文にあたる    牟田 都子    亜紀書房

今年の大学共通テスト(世界史)の問題で、科挙の「挙」を「拳」の字にして「科拳」と印刷してしまった誤植があったそうです。よく似た字ですが「科拳」では意味をなしません。「科挙」だと解っているのにこの問題がノーカウントになるのは、受験生にとってはやるせないことですが、テスト事務局や出題者や印刷の担当者もその1字に心を痛めていることでしょう。

さて、昨夏に出版され新聞や雑誌の書評欄に頻繁に取り上げられていた「文にあたる」を読みました。書いたのは牟田都子というフリーの校正者で、著者の深いキャリアに基いた校正にまつわるエッセイが綴られています。

私は読む速度が遅くて、そのせいか時々誤植を発見します。確か去年に新刊で見つけた場合は、そのことを出版社に連絡しようかと思ったのですが、もうだれかが連絡してるだろうとスルーしてしまいました。読み手からすれば大したことではない誤植でしたが、校正に携わっている人にとっては、痛恨と屈辱の誤植なのだろうと、本書を読んであらためて思いました。

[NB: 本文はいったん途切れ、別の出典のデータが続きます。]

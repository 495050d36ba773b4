-- ===== src/ApScanner.antt =====
-- internal/apscanner/scanner.go: the scan of the AP bus. Log lines, and the level at which they are
-- logged, are left out.
pub mod Tracker
pub mod Queue
pub mod CardType
use k8s_cex_dra_driver.Prelude.{
  ℕ, Text, List, [], ◌∷◌, ◌++◌, Bool, true, false, not, ◌&&◌, ◌||◌, Option, none, some, ◌==◌,
  text_eq, ltb, leb, nat_beq, length, drop, if◌then◌else◌,
}
use k8s_cex_dra_driver.Prelude.Exec.{Result, ok, err, Exec}
use k8s_cex_dra_driver.Prelude.Dict.{Dict, put}
use k8s_cex_dra_driver.Prelude.Int.{ℤ, atoi}
use k8s_cex_dra_driver.Prelude.Strings.{bytes, all, has_prefix, trim_space, trim_prefix}
use k8s_cex_dra_driver.Os.{Os, FilePath, DirEntry, IoError, not_exist, failed}
use k8s_cex_dra_driver.Resource.{Device}
use k8s_cex_dra_driver.Binding.{ap_devices_path}
use k8s_cex_dra_driver.Sysfs.Mkvp.{cca, ep11}
use k8s_cex_dra_driver.ApScanner.Tracker.{MkvpTracker}
use k8s_cex_dra_driver.ApScanner.Queue.{
  CardStatus, chkstop, deconfig, configured, offline, unknown, is_hex_lower, scan_queue,
}

unfoldable pub accel : Text
accel = bytes "accel"

-- The regular expression `^card([0-9a-f]{2})$`
unfoldable pub is_card_name : Text → Bool
is_card_name name =
    has_prefix name (bytes "card")
    && (nat_beq (length (trim_prefix name (bytes "card"))) 2
        && all is_hex_lower (trim_prefix name (bytes "card")))

-- A read error keeps its kind for `readFailed`, which is false of a text that does not parse.
pub data CardTypeError : Type 0 where
  type_io : IoError → CardTypeError
  unexpected_format : Text → CardTypeError

-- The failures that fail a whole scan: `readFailed` holds of an I/O error other than ENOENT.
pub data ScanError : Type 0 where
  read_devices : IoError → ScanError
  parse_card_error read_card_error : Text → ScanError

-- All but the last byte, and the last byte.
unfoldable pub split_last : Text → Option (Text × ℕ)
split_last [] = none
split_last (c ∷ s) = elim (split_last s) [
  | none ↦ some ([], c)
  | some (front, last) ↦ some (c ∷ front, last)
]

abbrev type_of_char : ℕ → Option Text
type_of_char c =
    if nat_beq c b'C'
    then some cca
    else if nat_beq c b'P'
    then some ep11
    else if nat_beq c b'A'
    then some accel
    else none

abbrev type_and_generation : Option ℤ → Option Text → Option (Text × ℤ)
type_and_generation (some gen) (some card_type) = some (card_type, gen)
type_and_generation _ _ = none

-- The part of `parseCardType` behind the read.
unfoldable pub card_type_of : Text → Option (Text × ℤ)
unfolding split_last
card_type_of content =
    let text = trim_space content in
    if ltb (length text) 5 || not (has_prefix text (bytes "CEX"))
    then none
    else elim (split_last (drop 3 text)) [
      | none ↦ none
      | some (generation, c) ↦ type_and_generation (atoi generation) (type_of_char c)
    ]

abbrev pub DevicesByCard : Type 0
DevicesByCard = Dict Text (List Device)

-- A card without a device is left out.
abbrev pub add_card : Text → Option (List Device) → DevicesByCard → DevicesByCard
add_card name none by_card = by_card
add_card name (some []) by_card = by_card
add_card name (some (d ∷ devices)) by_card = put name (d ∷ devices) by_card

module _ (os : Os) where
  open os use {World, read_file, read_dir}

  abbrev card_type_result : Result IoError Text → Result CardTypeError (Text × ℤ)
  card_type_result (err e) = err (type_io e)
  card_type_result (ok content) = elim (card_type_of content) [
    | none ↦ err (unexpected_format content)
    | some t ↦ ok t
  ]

  unfoldable pub parse_card_type : FilePath → Exec World CardTypeError (Text × ℤ)
  parse_card_type card_path w =
      let (r, w') = read_file (card_path ++ (bytes "type" ∷ [])) w in (card_type_result r, w')

  abbrev online_status : Result IoError Text → CardStatus
  online_status (err failed) = unknown
  online_status (err not_exist) = configured
  online_status (ok online) =
      if trim_space online == bytes "1"
      then configured
      else if trim_space online == bytes "0"
      then offline
      else unknown

  abbrev status_of : FilePath → Text → Text → World → CardStatus × World
  status_of card_path config stop w =
      if trim_space stop == bytes "1"
      then (chkstop, w)
      else if trim_space config == bytes "0"
      then (deconfig, w)
      else if trim_space config == bytes "1"
      then (let (r, w') = read_file (card_path ++ (bytes "online" ∷ [])) w in (online_status r, w'))
      else (unknown, w)

  abbrev chkstop_read : FilePath → Text → Result IoError Text → World → CardStatus × World
  chkstop_read card_path config (err e) w = (unknown, w)
  chkstop_read card_path config (ok stop) w = status_of card_path config stop w

  abbrev config_read : FilePath → Result IoError Text → World → CardStatus × World
  config_read card_path (err e) w = (unknown, w)
  config_read card_path (ok config) w =
      let (r, w') = read_file (card_path ++ (bytes "chkstop" ∷ [])) w in
      chkstop_read card_path config r w'

  unfoldable pub read_card_status : FilePath → World → CardStatus × World
  read_card_status card_path w =
      let (r, w') = read_file (card_path ++ (bytes "config" ∷ [])) w in config_read card_path r w'

  -- The loop of `scanCard` over the entries of the card's directory.
  module _ (machine_id : Text) (card_path : FilePath) (card_type : Text) (generation : ℤ)
      (card_status : CardStatus) where
    unfoldable pub scan_queues :
        List DirEntry → List Device → MkvpTracker → World → List Device × MkvpTracker × World
    scan_queues [] devices t w = (devices, t, w)
    scan_queues (entry ∷ entries) devices t w =
        let (device, t', w') =
          scan_queue os card_path entry card_type generation card_status machine_id t w in
        scan_queues entries (elim device [ none ↦ devices | some d ↦ devices ++ (d ∷ []) ]) t' w'

  -- `ok none` is a card that is passed over.
  abbrev CardResult : Type 0
  CardResult = Result ScanError (Option (List Device)) × MkvpTracker × World

  module _ (name machine_id : Text) (card_path : FilePath) where
    abbrev pub scan_card_entries :
        Text × ℤ → Result IoError (List DirEntry) → MkvpTracker → World → CardResult
    scan_card_entries _ (err failed) t w = (err (read_card_error name), t, w)
    scan_card_entries _ (err not_exist) t w = (ok none, t, w)
    scan_card_entries (card_type, generation) (ok entries) t w =
        let (status, w') = read_card_status card_path w in
        let (devices, t', w'') =
          scan_queues machine_id card_path card_type generation status entries [] t w' in
        (ok (some devices), t', w'')

    abbrev pub scan_typed_card : Result CardTypeError (Text × ℤ) → MkvpTracker → World → CardResult
    scan_typed_card (err (type_io failed)) t w = (err (parse_card_error name), t, w)
    scan_typed_card (err (type_io not_exist)) t w = (ok none, t, w)
    scan_typed_card (err (unexpected_format _)) t w = (ok none, t, w)
    scan_typed_card (ok typed) t w =
        let (r, w') = read_dir card_path w in scan_card_entries typed r t w'

  unfoldable pub scan_card : DirEntry → Text → MkvpTracker → World → CardResult
  unfolding parse_card_type read_card_status scan_queues
  scan_card entry machine_id t w =
      if not entry.is_dir || not (is_card_name entry.name)
      then (ok none, t, w)
      else let card_path = ap_devices_path ++ (entry.name ∷ []) in
        let (r, w') = parse_card_type card_path w in
        scan_typed_card entry.name machine_id card_path r t w'

  unfoldable pub scan_cards :
      Text
      → List DirEntry
      → DevicesByCard
      → MkvpTracker
      → World
      → Result ScanError DevicesByCard × MkvpTracker × World
  unfolding scan_card
  scan_cards machine_id [] by_card t w = (ok by_card, t, w)
  scan_cards machine_id (entry ∷ entries) by_card t w =
      let (r, t', w') = scan_card entry machine_id t w in
      elim r [
        | err e ↦ (err e, t', w')
        | ok devices ↦ scan_cards machine_id entries (add_card entry.name devices by_card) t' w'
      ]

  abbrev pub scan_listing :
      Text
      → Result IoError (List DirEntry)
      → MkvpTracker
      → World
      → Result ScanError DevicesByCard × MkvpTracker × World
  scan_listing machine_id (err not_exist) t w = (ok [], t, w)
  scan_listing machine_id (err failed) t w = (err (read_devices failed), t, w)
  scan_listing machine_id (ok entries) t w = scan_cards machine_id entries [] t w

  -- The deferred function that closes the first scan, if the scan succeeded.
  abbrev pub finish :
      Result ScanError DevicesByCard × MkvpTracker × World
      → Result ScanError DevicesByCard × MkvpTracker × World
  finish (err e, t, w) = (err e, t, w)
  finish (ok by_card, t, w) = (ok by_card, record t { first_scan_done = true }, w)

  unfoldable pub scan :
      Text → MkvpTracker → World → Result ScanError DevicesByCard × MkvpTracker × World
  unfolding scan_cards
  scan machine_id t w =
      let (r, w') = read_dir ap_devices_path w in finish (scan_listing machine_id r t w')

校正というのは誤植を発見するだけではないことは知ってるつもりでしたが、そこまでする?という事例が多くあって、大変な仕事だなあ認識しました。

本書に紹介された印象的なエピソードを一つ紹介。

福岡伸一のベストセラー「生物と無生物のあいだ 」の冒頭に、NYのハドソン川を往く船上から見える摩天楼などの風景の描写がありますが、担当の校正者がその冒頭の描写について訂正を入れたそうです。「NYの地図で調べましたが、船上から見えてくる建物の順序が違っています」という指摘だったようです。

福岡伸一のその描写は真実ではなかったそうですが、原文のまま出版されました。私もその冒頭箇所は覚えていますが、著者の赴任先のNYを印象的にとらえた良い「つかみ」箇所でした。

校正者にすれば、「科学書に嘘はアカンでしょ」と綿密に調べたのでしょうが、そこまでテリトリーを広げる必要があるのか、大変な仕事だなあと思ってしまいます。

著者自身のエピソードでは、とある漢文の口語訳の部分について著者に指摘しようかどうかを思い悩むエピソードが印象的でした。

その原稿の主は権威だし逆らうことにならないかと思い悩んだ結果、黙っていて「なぜ指摘してくれなかったの」となるよりましだと彼女はエンピツを入れたのでした。そして彼女のエンピツのとおり本は出版されたようです。

石原さとみのドラマでの楽しそうな仕事ぶりを見て、校正の仕事は面白そう・自分に合ってそうと思っていたし他人に言ったこともあるのですが、それは錯覚でした。

そこまでやるかという仕事内容で、フリーの校正者なら「1字0.5円」という相場(本書の情報ではない)だとして、12万字程度とされる1冊の担当報酬は6万円。1冊に2週間くらいの期日が要る仕事だそうですので、やりがいがなければ、好きでなければ、タフでなければやっている意味がないくらい大変な仕事だと思います。

本にかかわるなら、著者(価格の8~10%程度の印税)に限るというを結論にしようかと思いましたが、1000円の本が1000冊売れて印税10%で10万円の収入ですから、これまた好きでなければ近づかない方がいい職種かもしれませんね(笑)。

でも、本書を通して客観的に校正のお仕事を見ている分には、とても楽しいしスリリングなものでした。うんちく話でない実体験に基く本作りのさまざまな話が満載で、80冊近い参考文献の引用例が豊富で多彩で、プロフェショナル!な、1冊12万字でありました。